When I was teaching, I used to go traveling for the week, mostly to Europe. The weather wasn’t all that bad, it was off-season and cheaper and there were fewer tourists. I’d pick one place for the week. One year it was Rome. Another year it was Vienna. I can’t remember how many times it was London.
Today I have laundry to do. I’m tired of looking at it in the hall. Looks like a big day ahead of me.
Categories: Musings
Tags: cloud of snow, daredevils, de-icer, Europe, freezing day, plowing and shoveling, Rome, sand storm, school vacation, snow blindness, tobaggon, traveling, Vienna
Comments: 14 Comments
February 15, 2015
The Cape has the only blizzard. Everywhere else has a major snowstorm. The wind is the difference. It has been as high as 65 MPH here but is now slowing down. The snow has stopped in Boston. We will be the last holdout. Bitter cold is coming tonight. In Boston the wind chill will be -30˚. During the rest of the week the temperature will hover around 0˚. At the storm’s strongest, 4 inches of snow an hour fell last night. This winter has jumped from the 9th snowiest on record to the third, and winter is far from over. They are predicting another snow storm for Tuesday but a small one, only a few inches. The last two weeks have been described as an historic event.
I find myself talking aloud. I suspect it has to do with being stuck in the house with only the dog and cats for company. Gracie is the best listener. She looks right at me when I’m talking to her. She could be thinking I’m crazy, but I prefer to believe she is intently listening to what I have to say.
My Sunday papers are somewhere near the driveway. I am having withdrawal. When I opened the front door, I figured if I could see the papers I’d go get them.
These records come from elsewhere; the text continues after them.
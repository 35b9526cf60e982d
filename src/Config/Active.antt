-- ===== src/Config/Active.antt =====
-- The configurations that are active.
use recordlane.Base.{
  ℕ, suc, String, ◌≡◌, refl, sym, ap, ◌∙◌, subst, inl, inr, Bool, true, false, some, List, [], ◌∷◌,
  ◌++◌, arith, ◌==◌, ==_iff, In, In-append, str_eq, Bool-cases, Option-cases, if◌then◌else◌,
}
use recordlane.Http.{Result, ok, err, ◌>>=◌, >>=-ok, ok-eq, ok-err, Result-cases, required}
use recordlane.Policy.{CompiledPolicy}
use recordlane.Review.{approve, find_first, change_where}
use recordlane.Review.Draft.{is_task_open}
use recordlane.Config.{
  ConfigurationVersion, Simulation, ConfigurationTask, Settings, Compiler, active,
  retired_configuration,
}
use recordlane.Config.Snapshot.{Snapshot}
use recordlane.Config.Drafts.{configuration_policies, find_domain, add_audit}
use recordlane.Config.Approval.{
  activate, is_active_status, decide_config, approve_config, activate_config, install,
  snapshot_hash, is_config_draft, is_simulation_of, finish_proposal, set_definition, new_job,
}

-- Every active configuration has this identifier.
abbrev pub ActiveIs : {D : Type 0} → ℕ → List (ConfigurationVersion D) → Type 0
ActiveIs id configs =
    (c : ConfigurationVersion _) → In c configs → is_active_status c.status ≡ true → c.id ≡ id

pub In-change_where :
    {A : Type 0} (p : A → Bool) (f : A → A) (x : A) (l : List A)
    → In x (change_where p f l)
    → (y : A) × In y l × (x ≡ (if p y then f y else y))
In-change_where p f x [] m = absurd m
In-change_where p f x (y ∷ l) (inl q) = (y, inl refl, q)
In-change_where p f x (y ∷ l) (inr m) = let (z, n, q) = In-change_where p f x l m in (z, inr n, q)

pub activate-ActiveIs :
    {D : Type 0} (id : ℕ) (configs : List (ConfigurationVersion D))
    → ActiveIs id (activate id configs)
activate-ActiveIs id configs c m live =
    let (d, n, q) = In-change_where (λ c. c.id == id) (λ c. record c { status = active }) c _ m in
    let (b, k, r) =
      In-change_where (λ c. is_active_status c.status)
        (λ c. record c { status = retired_configuration }) d configs n in
    elim (Bool-cases (d.id == id)) [
      | inl same ↦
          let h : c ≡ record d { status = active } = rw same at q in
          ap (λ x. x.id) h ∙ (==_iff d.id id).0 same
      | inr other ↦
          let h : c ≡ d = rw other at q in
          let live' : is_active_status d.status ≡ true = rw h at live in
          elim (Bool-cases (is_active_status b.status)) [
            | inl was ↦
                let g : d ≡ record b { status = retired_configuration } = rw was at r in
                let e : false ≡ true = ap (λ x. is_active_status x.status) (sym g) ∙ live' in
                ground arith
            | inr was ↦
                let g : d ≡ b = rw was at r in
                let e : false ≡ true =
                  sym was ∙ ap (λ x. is_active_status x.status) (sym g) ∙ live' in
                ground arith
          ]
    ]

pub added-ActiveIs :
    {D : Type 0} (id : ℕ) (new : ConfigurationVersion D) (configs : List (ConfigurationVersion D))
    → is_active_status new.status ≡ false
    → ActiveIs id configs
    → ActiveIs id (configs ++ new ∷ [])
added-ActiveIs id new configs idle all c m live = elim (In-append c configs (new ∷ []) m) [
  | inl old ↦ all c old live
  | inr (inl q) ↦
      let e : false ≡ true = sym idle ∙ ap (λ x. is_active_status x.status) (sym q) ∙ live in
      ground arith
  | inr (inr z) ↦ absurd z
]

module _ {D F : Type 0} (compiler : Compiler D F) (definition_hash : CompiledPolicy F → String)
    (hash : Snapshot → String) (by : String) where
  install-configs :
      (config_id : ℕ) (policies : List (String × CompiledPolicy F)) (s t : Settings D F)
      → install compiler definition_hash hash by config_id policies s ≡ ok t
      → t.configs ≡ s.configs
  unfolding install
  install-configs config_id [] s t e = ap (λ x. x.configs) (sym (ok-eq e))
  install-configs config_id ((key, p) ∷ rest) s t e =
      let next : Settings D F = record s {
        store = record s.store {
          next = suc s.store.next;
          domains = set_definition compiler definition_hash hash by key p s.store.domains;
        };
        jobs = s.jobs ++ new_job compiler definition_hash hash by s.store.next config_id key p ∷ [];
      } in
      let (_, _, f) =
        >>=-ok (required (find_domain key s.store.domains) 409 "configuration_domain_missing")
          (λ _. install compiler definition_hash hash by config_id rest next) t e in
      install-configs config_id rest next t f

  pub activate_config-configs :
      (config : ConfigurationVersion D) (s t : Settings D F)
      → activate_config compiler definition_hash hash by config s ≡ ok t
      → t.configs ≡ activate config.id s.configs
  unfolding activate_config
  activate_config-configs config s t e =
      let activated = record s { configs = activate config.id s.configs } in
      let audited : Settings D F → Settings D F =
        λ i. record i { store = add_audit compiler "configuration.activated" config.id i.store } in
      let (policies, _, f) =
        >>=-ok
          (required (configuration_policies compiler s.store.domains config.document) 500
            "PolicyError")
          (λ p.
            install compiler definition_hash hash by config.id p activated >>= λ i. ok (audited i))
          t e in
      let (i, g, h) =
        >>=-ok (install compiler definition_hash hash by config.id policies activated)
          (λ i. ok (audited i)) t f in
      ap (λ x. x.configs) (sym (ok-eq h)) ∙ install-configs config.id policies activated i g

  -- The tables after an activation that may fail.
  abbrev committed :
      ConfigurationTask
      → String
      → Settings D F
      → Result (Settings D F)
      → Settings D F × Result (Unit {0})
  committed task reason s (err status code) = (s, err status code)
  committed task reason s (ok s') =
      (finish_proposal compiler definition_hash hash by task.id approve reason s', ok tt)

  -- What an approval of a proposal that takes effect rests on.
  pub record Activated (task : ConfigurationTask) (s t : Settings D F) : Type 0 where
    pub config : ConfigurationVersion D
    pub simulation : Simulation
    pub is_draft : find_first (is_config_draft task.config_id) s.configs ≡ some config
    pub is_simulated :
        find_first (is_simulation_of task.simulation_id task.config_id) s.simulations
        ≡ some simulation
    pub unchanged : str_eq config.checksum task.checksum ≡ true
    pub current :
        str_eq (snapshot_hash compiler definition_hash hash by s.store) simulation.snapshot_hash
        ≡ true
    pub configs : t.configs ≡ activate config.id s.configs

  -- The last step of the approval.
  activated :
      (task : ConfigurationTask) (reason : String) (config : ConfigurationVersion D)
      (simulation : Simulation) (s t : Settings D F)
      → find_first (is_config_draft task.config_id) s.configs ≡ some config
      → find_first (is_simulation_of task.simulation_id task.config_id) s.simulations
        ≡ some simulation
      → str_eq config.checksum task.checksum ≡ true
      → str_eq (snapshot_hash compiler definition_hash hash by s.store) simulation.snapshot_hash
        ≡ true
      → committed task reason s (activate_config compiler definition_hash hash by config s)
        ≡ (t, ok tt)
      → Activated task s t
  activated task reason config simulation s t found run same current e =
      elim (Result-cases (activate_config compiler definition_hash hash by config s)) [
        | inl (status, code, q) ↦ absurd (ok-err (ap (λ x. x.1) (rw q at e)))
        | inr (s', q) ↦ record {
          config = config;
          simulation = simulation;
          is_draft = found;
          is_simulated = run;
          unchanged = same;
          current = current;
          configs = ap (λ x. x.0.configs) (sym (rw q at e)) ∙ activate_config-configs config s s' q;
        }
      ]

  approve_config-Activated :
      (task : ConfigurationTask) (reason : String) (s t : Settings D F)
      → approve_config compiler definition_hash hash by task reason s ≡ (t, ok tt)
      → Activated task s t
  unfolding approve_config
  approve_config-Activated task reason s t e =
      elim (Option-cases (find_first (is_config_draft task.config_id) s.configs)) [
        | inl n ↦ absurd (ok-err (ap (λ x. x.1) (rw (approve_config, n) at e)))
        | inr (config, found) ↦
            elim (Option-cases
              (find_first (is_simulation_of task.simulation_id task.config_id) s.simulations)) [
                | inl n ↦ absurd (ok-err (ap (λ x. x.1) (rw (approve_config, found, n) at e)))
                | inr (simulation, run) ↦ elim (Bool-cases (str_eq config.checksum task.checksum)) [
                  | inr other ↦
                      absurd (ok-err (ap (λ x. x.1) (rw (approve_config, found, run, other) at e)))
                  | inl same ↦
                      elim (Bool-cases (
                        str_eq (snapshot_hash compiler definition_hash hash by s.store)
                          simulation.snapshot_hash)) [
                            | inr late ↦ absurd (
                                ok-err (
                                  ap (λ x. x.1) (rw (approve_config, found, run, same, late) at e)))
                            | inl current ↦
                                activated task reason config simulation s t found run same current
                                  (rw (approve_config, found, run, same, current) at e)
                          ]
                ]
              ]
      ]

  -- When the approval of a configuration succeeds, its open task was proposed by another principal,
  -- the draft of the task has the task's checksum, the task's simulation of that draft has the hash
  -- of the rows as they are at the approval, and every configuration that is active then is the one
  -- approved.
  pub approval_is_current :
      (task_id : ℕ) (reason : String) (s t : Settings D F)
      → decide_config compiler definition_hash hash by task_id approve reason s ≡ (t, ok tt)
      → (task : ConfigurationTask) × (find_first (λ u. u.id == task_id) s.proposals ≡ some task)
        × (is_task_open task.status ≡ true)
        × (str_eq task.proposed_by by ≡ false)
        × (a : Activated task s t) × ActiveIs a.config.id t.configs
  unfolding decide_config
  approval_is_current task_id reason s t e =
      elim (Option-cases (find_first (λ u. u.id == task_id) s.proposals)) [
        | inl n ↦ absurd (ok-err (ap (λ x. x.1) (rw (decide_config, n) at e)))
        | inr (task, found) ↦ elim (Bool-cases (is_task_open task.status)) [
          | inr shut ↦ absurd (ok-err (ap (λ x. x.1) (rw (decide_config, found, shut) at e)))
          | inl live ↦ elim (Bool-cases (str_eq task.proposed_by by)) [
            | inl own ↦ absurd (ok-err (ap (λ x. x.1) (rw (decide_config, found, live, own) at e)))
            | inr another ↦
                let a =
                  approve_config-Activated task reason s t
                    (rw (decide_config, found, live, another) at e) in
                (
                  task,
                  found,
                  live,
                  another,
                  a,
                  subst (ActiveIs a.config.id) (sym a.configs)
                      (activate-ActiveIs a.config.id s.configs),
                )
          ]
        ]
      ]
I didn’t even see the driveway.
Gracie went right out this morning with no hesitation. She really must have needed to go. She squatted then started to head for the backyard to finish her business but thought better of it and ran right back up the stairs to come inside the warm house. She is sleeping now, exhausted from her few minutes in the snow.
What to do today? Nothing piques my interest. The laundry is still in the hall, but I’m not so stir crazy that doing laundry has any appeal. Maybe I’ll watch a movie or read a book or maybe I’ll just stare out the window with glazed eyes and slacked jaw.
Categories: Musings
Tags: -30 windchill, 65MPH wind, blizzard, boredom, freezing cold, glazed eyes, slacked jaw, Sunday papers, talking out loud, talking to dog and ctas, Wind, Wind chill
Comments: 21 Comments
February 14, 2015
When I first woke up, it was 7 o’clock, and I could see sun and blue sky outside my window. I smiled, turned over and went back to sleep. The second time I awakened it was 8:30. The sun was gone as was the blue. Today is now like all the other days: grey and cold and uninviting. The snow will start tonight and come in waves. The biggest wave is due tomorrow.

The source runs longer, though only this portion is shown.